_Task item_
Take the material below and output exactly the run of lines from the one containing "is_for device_id q = q.device_id == device_id" down to the one containing "pub message_id : String", with both included.

_Given records_
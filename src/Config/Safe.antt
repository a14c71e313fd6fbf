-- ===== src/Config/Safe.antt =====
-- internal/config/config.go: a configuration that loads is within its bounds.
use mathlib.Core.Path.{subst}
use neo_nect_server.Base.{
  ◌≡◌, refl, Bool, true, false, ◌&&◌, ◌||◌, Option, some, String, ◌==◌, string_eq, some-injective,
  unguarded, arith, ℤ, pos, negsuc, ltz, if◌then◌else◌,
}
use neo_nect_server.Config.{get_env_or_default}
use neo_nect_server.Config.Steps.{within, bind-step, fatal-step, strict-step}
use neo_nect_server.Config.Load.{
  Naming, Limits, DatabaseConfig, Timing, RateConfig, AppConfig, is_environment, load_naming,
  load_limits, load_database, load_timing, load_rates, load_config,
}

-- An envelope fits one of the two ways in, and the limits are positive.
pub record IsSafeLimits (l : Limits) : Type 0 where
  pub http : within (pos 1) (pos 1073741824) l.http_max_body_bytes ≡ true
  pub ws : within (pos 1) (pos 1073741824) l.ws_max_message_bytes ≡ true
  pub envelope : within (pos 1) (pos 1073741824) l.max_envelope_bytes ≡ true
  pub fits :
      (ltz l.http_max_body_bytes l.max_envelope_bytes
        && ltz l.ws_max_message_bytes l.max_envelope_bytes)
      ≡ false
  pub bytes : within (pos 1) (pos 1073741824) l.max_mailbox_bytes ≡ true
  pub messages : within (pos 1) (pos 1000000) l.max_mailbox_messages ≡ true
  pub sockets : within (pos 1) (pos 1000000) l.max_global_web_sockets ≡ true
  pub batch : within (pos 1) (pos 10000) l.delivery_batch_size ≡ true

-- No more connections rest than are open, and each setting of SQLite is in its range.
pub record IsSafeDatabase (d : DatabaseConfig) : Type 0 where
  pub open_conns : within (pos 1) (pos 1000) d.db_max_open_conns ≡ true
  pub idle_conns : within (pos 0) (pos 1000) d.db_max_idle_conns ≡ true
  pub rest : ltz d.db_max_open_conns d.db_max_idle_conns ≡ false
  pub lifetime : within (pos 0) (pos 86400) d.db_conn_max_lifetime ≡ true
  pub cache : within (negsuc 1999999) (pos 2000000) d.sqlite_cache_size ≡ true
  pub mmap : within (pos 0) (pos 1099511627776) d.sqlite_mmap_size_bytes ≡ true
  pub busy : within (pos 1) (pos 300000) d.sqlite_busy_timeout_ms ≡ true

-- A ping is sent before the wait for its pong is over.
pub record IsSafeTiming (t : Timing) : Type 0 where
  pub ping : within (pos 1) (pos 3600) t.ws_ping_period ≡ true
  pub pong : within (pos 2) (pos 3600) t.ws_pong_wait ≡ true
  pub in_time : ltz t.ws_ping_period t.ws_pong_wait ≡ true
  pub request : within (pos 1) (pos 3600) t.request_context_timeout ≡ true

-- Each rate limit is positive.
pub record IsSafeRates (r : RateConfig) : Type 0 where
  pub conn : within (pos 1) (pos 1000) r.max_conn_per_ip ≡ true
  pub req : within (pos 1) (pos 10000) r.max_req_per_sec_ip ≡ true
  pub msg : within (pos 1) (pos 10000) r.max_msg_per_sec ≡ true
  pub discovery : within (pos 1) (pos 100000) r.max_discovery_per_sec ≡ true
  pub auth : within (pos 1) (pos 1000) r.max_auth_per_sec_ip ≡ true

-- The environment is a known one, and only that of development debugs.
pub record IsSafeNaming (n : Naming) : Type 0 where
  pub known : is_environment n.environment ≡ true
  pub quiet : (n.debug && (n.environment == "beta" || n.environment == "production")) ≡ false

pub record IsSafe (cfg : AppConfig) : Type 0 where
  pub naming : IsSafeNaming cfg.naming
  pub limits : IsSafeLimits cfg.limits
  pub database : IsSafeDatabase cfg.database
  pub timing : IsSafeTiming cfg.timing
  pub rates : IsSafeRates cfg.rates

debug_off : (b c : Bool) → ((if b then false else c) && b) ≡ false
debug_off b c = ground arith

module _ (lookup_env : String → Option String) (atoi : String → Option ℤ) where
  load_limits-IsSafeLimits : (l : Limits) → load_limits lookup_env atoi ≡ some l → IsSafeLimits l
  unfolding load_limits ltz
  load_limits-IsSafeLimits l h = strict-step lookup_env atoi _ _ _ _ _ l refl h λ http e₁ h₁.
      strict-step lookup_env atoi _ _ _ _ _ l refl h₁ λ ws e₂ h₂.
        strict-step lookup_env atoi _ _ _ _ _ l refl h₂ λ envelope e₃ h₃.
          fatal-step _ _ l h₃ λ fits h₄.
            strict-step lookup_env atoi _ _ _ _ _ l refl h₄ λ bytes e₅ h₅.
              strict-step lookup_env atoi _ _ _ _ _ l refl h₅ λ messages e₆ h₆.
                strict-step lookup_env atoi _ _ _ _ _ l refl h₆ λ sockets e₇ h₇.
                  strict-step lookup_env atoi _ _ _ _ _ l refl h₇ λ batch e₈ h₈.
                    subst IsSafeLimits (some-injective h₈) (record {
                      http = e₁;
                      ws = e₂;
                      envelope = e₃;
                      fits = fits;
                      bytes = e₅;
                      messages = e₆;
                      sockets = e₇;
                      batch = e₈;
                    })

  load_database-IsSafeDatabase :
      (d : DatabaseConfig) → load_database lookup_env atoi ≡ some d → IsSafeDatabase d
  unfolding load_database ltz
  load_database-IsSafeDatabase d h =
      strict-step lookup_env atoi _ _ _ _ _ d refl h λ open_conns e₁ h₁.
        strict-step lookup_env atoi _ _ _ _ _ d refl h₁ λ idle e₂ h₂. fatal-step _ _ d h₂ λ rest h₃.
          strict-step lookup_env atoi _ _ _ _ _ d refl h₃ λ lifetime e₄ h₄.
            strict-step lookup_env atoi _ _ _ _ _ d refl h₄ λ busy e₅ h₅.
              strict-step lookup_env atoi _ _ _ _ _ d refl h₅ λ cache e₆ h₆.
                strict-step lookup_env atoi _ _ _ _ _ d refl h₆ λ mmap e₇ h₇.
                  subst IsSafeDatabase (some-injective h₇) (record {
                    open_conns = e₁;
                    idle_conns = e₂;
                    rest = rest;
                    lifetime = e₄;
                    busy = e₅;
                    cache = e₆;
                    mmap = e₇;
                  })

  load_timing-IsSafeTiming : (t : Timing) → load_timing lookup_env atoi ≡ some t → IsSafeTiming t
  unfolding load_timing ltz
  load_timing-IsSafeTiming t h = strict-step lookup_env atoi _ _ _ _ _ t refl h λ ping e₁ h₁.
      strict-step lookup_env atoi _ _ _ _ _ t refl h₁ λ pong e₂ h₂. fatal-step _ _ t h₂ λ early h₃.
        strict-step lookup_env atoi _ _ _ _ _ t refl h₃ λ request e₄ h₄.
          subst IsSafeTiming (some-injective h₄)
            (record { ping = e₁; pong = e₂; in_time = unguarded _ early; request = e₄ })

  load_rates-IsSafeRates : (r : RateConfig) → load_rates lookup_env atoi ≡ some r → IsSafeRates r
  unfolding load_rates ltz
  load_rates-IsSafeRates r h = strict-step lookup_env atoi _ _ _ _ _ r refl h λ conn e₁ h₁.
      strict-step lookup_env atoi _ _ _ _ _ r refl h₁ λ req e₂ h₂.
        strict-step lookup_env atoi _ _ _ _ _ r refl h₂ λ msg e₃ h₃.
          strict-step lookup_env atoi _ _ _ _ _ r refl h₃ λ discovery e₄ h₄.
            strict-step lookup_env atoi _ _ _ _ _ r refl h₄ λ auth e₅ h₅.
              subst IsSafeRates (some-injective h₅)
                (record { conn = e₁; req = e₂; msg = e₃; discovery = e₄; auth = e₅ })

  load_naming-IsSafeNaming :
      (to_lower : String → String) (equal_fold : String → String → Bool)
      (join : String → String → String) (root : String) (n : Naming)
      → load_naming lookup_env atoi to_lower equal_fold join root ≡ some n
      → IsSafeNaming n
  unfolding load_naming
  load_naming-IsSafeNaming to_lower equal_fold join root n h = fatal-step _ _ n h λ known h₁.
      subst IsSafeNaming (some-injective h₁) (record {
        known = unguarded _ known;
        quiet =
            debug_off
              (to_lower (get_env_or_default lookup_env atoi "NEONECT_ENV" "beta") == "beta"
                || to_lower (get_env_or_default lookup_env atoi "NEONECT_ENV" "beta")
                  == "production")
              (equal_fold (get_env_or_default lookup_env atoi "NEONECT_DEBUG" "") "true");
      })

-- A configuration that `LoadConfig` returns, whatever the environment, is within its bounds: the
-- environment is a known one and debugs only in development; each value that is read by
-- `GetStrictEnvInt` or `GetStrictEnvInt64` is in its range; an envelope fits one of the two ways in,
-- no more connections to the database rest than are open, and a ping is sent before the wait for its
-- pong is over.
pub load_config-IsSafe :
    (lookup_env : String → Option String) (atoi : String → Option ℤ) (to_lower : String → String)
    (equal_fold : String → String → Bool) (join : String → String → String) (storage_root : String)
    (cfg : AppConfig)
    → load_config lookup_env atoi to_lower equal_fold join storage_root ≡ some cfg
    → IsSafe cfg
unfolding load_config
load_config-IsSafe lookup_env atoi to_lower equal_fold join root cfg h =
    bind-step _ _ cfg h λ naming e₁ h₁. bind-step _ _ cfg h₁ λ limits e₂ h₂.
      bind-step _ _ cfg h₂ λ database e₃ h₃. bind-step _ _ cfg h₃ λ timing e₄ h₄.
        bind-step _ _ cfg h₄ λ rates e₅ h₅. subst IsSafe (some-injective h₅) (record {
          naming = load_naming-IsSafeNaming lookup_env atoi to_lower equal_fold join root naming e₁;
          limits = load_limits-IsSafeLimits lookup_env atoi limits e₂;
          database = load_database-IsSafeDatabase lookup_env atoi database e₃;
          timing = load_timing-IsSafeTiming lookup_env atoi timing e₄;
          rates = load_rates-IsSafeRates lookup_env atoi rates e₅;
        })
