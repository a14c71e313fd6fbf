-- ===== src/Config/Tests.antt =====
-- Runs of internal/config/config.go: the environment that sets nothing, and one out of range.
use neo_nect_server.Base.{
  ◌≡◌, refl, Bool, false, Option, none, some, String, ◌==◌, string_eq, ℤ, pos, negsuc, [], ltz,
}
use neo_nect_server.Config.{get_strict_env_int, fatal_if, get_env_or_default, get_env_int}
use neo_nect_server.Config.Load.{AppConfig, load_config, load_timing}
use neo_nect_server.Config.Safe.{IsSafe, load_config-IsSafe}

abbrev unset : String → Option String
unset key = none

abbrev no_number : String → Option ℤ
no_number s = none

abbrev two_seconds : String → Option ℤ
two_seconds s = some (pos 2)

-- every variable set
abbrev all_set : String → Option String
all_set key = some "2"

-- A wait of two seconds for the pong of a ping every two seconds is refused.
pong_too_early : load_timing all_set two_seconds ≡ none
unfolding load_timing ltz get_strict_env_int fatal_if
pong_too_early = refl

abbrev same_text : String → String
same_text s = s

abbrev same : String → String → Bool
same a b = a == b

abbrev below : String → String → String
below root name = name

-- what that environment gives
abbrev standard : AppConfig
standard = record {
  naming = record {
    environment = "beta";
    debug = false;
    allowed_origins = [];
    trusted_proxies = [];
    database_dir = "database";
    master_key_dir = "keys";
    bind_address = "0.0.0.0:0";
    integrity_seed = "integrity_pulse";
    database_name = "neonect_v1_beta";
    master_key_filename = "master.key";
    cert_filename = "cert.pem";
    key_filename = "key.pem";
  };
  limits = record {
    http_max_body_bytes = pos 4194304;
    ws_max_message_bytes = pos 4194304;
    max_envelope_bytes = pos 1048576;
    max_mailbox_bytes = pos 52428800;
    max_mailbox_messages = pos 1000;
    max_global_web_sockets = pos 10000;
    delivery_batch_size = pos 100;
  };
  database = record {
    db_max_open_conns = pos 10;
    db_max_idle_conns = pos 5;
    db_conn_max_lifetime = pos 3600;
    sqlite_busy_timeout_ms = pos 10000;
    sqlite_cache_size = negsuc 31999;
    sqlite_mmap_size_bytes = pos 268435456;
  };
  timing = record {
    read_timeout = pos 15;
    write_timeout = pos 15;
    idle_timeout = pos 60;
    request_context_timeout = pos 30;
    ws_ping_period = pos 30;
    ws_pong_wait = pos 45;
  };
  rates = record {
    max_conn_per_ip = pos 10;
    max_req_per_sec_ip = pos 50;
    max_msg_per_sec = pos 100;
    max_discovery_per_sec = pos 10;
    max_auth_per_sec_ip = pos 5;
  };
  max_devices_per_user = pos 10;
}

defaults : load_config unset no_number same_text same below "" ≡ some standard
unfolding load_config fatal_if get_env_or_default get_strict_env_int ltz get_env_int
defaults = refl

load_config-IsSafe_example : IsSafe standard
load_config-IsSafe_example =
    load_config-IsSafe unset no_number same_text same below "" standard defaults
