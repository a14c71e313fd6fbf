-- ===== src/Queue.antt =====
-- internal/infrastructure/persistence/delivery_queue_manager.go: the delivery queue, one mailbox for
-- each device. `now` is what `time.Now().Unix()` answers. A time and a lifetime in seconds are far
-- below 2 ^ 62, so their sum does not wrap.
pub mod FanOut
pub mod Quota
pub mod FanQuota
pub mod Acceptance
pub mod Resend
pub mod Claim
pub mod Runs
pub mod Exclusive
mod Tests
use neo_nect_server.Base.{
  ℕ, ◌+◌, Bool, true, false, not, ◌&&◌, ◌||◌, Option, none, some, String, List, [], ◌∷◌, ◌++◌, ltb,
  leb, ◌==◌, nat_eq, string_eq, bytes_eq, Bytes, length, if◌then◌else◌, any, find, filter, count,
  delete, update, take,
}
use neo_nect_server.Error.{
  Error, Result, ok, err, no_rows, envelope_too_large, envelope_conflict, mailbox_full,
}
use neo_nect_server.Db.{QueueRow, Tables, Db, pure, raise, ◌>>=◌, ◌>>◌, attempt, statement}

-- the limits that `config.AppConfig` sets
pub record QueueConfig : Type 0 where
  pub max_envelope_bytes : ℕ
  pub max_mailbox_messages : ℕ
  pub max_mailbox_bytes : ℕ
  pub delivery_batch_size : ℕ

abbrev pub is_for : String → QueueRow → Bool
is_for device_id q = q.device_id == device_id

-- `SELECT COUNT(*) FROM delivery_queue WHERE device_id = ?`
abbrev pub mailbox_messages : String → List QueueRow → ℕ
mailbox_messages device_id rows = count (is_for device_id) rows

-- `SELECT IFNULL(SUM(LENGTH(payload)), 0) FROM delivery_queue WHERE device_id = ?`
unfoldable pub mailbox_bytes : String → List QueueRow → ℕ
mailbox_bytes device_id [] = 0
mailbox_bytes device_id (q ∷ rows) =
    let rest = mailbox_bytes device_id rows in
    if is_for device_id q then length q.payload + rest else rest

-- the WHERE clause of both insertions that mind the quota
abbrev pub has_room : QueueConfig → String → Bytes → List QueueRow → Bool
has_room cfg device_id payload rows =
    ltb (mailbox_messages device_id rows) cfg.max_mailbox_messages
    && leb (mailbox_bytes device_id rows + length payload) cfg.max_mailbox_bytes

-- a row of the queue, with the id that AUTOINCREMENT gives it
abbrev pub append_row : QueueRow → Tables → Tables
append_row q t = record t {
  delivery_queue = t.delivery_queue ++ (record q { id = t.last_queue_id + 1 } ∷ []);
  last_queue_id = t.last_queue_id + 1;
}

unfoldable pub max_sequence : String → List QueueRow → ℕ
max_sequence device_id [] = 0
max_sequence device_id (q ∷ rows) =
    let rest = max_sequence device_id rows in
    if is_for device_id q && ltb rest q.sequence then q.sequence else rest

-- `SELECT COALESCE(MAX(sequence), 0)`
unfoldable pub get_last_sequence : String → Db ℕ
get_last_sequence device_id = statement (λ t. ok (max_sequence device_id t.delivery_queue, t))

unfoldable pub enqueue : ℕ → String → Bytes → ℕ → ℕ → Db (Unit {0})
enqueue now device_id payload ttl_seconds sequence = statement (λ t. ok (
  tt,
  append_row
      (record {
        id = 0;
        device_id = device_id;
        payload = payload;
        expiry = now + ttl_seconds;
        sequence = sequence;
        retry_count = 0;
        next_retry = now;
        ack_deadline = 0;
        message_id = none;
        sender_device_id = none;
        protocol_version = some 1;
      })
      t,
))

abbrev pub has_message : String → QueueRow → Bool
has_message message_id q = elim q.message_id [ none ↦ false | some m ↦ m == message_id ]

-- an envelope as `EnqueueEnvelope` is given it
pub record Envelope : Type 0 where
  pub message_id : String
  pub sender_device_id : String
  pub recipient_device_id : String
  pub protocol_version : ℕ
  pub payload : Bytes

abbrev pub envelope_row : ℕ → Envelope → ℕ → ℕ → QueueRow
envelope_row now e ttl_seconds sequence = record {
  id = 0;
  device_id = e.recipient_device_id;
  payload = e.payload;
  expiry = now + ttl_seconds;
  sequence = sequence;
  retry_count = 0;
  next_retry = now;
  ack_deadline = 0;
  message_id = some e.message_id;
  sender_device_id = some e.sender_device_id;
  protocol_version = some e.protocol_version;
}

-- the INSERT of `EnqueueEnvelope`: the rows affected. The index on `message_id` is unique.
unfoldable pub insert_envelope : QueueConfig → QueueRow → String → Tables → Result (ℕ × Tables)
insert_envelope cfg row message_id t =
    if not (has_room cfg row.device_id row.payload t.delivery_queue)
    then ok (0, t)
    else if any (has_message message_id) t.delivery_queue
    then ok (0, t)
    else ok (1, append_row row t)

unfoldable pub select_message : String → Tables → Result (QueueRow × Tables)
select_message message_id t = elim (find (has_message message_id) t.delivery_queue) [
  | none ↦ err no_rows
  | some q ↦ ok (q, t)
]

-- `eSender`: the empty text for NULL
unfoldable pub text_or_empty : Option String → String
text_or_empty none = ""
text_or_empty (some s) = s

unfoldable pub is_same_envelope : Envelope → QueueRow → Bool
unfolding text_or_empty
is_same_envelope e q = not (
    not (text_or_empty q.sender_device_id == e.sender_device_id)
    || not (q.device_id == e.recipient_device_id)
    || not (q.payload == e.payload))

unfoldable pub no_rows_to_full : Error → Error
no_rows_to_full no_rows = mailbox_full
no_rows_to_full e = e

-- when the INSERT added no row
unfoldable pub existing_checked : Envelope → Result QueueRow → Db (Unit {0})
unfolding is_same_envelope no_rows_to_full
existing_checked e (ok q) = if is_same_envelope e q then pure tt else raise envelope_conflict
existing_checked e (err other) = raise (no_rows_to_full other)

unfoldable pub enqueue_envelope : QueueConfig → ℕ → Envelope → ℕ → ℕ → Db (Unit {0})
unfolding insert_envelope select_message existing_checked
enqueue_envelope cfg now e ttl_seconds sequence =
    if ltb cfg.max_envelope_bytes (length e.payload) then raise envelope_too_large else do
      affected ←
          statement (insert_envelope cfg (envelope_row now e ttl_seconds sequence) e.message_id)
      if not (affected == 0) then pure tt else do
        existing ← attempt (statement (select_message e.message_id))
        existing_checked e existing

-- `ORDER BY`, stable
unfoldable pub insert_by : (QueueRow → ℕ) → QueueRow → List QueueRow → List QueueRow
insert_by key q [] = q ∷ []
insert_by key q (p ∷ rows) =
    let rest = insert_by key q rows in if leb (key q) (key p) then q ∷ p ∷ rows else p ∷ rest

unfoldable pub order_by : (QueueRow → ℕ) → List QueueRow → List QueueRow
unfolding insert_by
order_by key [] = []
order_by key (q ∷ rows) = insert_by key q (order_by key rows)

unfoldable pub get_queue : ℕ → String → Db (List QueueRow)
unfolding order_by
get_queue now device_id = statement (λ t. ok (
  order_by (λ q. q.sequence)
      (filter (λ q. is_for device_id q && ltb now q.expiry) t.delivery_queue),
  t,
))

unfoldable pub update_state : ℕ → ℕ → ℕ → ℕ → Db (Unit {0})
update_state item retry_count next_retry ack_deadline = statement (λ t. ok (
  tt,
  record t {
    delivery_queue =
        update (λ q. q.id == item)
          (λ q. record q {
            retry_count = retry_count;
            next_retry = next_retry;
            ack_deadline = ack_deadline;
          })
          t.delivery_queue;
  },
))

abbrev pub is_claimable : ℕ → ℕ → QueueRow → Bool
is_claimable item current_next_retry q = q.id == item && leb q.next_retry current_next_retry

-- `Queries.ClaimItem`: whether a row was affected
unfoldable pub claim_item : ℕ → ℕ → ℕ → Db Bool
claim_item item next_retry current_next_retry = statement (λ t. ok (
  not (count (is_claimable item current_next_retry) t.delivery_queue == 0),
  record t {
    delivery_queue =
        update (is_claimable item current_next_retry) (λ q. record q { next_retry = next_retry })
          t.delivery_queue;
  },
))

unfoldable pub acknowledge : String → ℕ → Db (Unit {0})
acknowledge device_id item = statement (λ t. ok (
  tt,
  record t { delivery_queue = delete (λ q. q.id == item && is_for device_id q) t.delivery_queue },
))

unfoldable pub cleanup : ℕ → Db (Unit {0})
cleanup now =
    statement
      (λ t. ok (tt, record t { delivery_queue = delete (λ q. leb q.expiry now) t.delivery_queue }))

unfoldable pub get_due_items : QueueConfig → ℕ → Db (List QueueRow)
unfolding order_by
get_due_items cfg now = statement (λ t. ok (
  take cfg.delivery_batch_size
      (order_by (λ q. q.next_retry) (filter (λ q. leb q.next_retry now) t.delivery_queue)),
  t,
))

_Answer to this exercise_
is_for device_id q = q.device_id == device_id

-- `SELECT COUNT(*) FROM delivery_queue WHERE device_id = ?`
abbrev pub mailbox_messages : String → List QueueRow → ℕ
mailbox_messages device_id rows = count (is_for device_id) rows

-- `SELECT IFNULL(SUM(LENGTH(payload)), 0) FROM delivery_queue WHERE device_id = ?`
unfoldable pub mailbox_bytes : String → List QueueRow → ℕ
mailbox_bytes device_id [] = 0
mailbox_bytes device_id (q ∷ rows) =
    let rest = mailbox_bytes device_id rows in
    if is_for device_id q then length q.payload + rest else rest

-- the WHERE clause of both insertions that mind the quota
abbrev pub has_room : QueueConfig → String → Bytes → List QueueRow → Bool
has_room cfg device_id payload rows =
    ltb (mailbox_messages device_id rows) cfg.max_mailbox_messages
    && leb (mailbox_bytes device_id rows + length payload) cfg.max_mailbox_bytes

-- a row of the queue, with the id that AUTOINCREMENT gives it
abbrev pub append_row : QueueRow → Tables → Tables
append_row q t = record t {
  delivery_queue = t.delivery_queue ++ (record q { id = t.last_queue_id + 1 } ∷ []);
  last_queue_id = t.last_queue_id + 1;
}

unfoldable pub max_sequence : String → List QueueRow → ℕ
max_sequence device_id [] = 0
max_sequence device_id (q ∷ rows) =
    let rest = max_sequence device_id rows in
    if is_for device_id q && ltb rest q.sequence then q.sequence else rest

-- `SELECT COALESCE(MAX(sequence), 0)`
unfoldable pub get_last_sequence : String → Db ℕ
get_last_sequence device_id = statement (λ t. ok (max_sequence device_id t.delivery_queue, t))

unfoldable pub enqueue : ℕ → String → Bytes → ℕ → ℕ → Db (Unit {0})
enqueue now device_id payload ttl_seconds sequence = statement (λ t. ok (
  tt,
  append_row
      (record {
        id = 0;
        device_id = device_id;
        payload = payload;
        expiry = now + ttl_seconds;
        sequence = sequence;
        retry_count = 0;
        next_retry = now;
        ack_deadline = 0;
        message_id = none;
        sender_device_id = none;
        protocol_version = some 1;
      })
      t,
))

abbrev pub has_message : String → QueueRow → Bool
has_message message_id q = elim q.message_id [ none ↦ false | some m ↦ m == message_id ]

-- an envelope as `EnqueueEnvelope` is given it
pub record Envelope : Type 0 where
  pub message_id : String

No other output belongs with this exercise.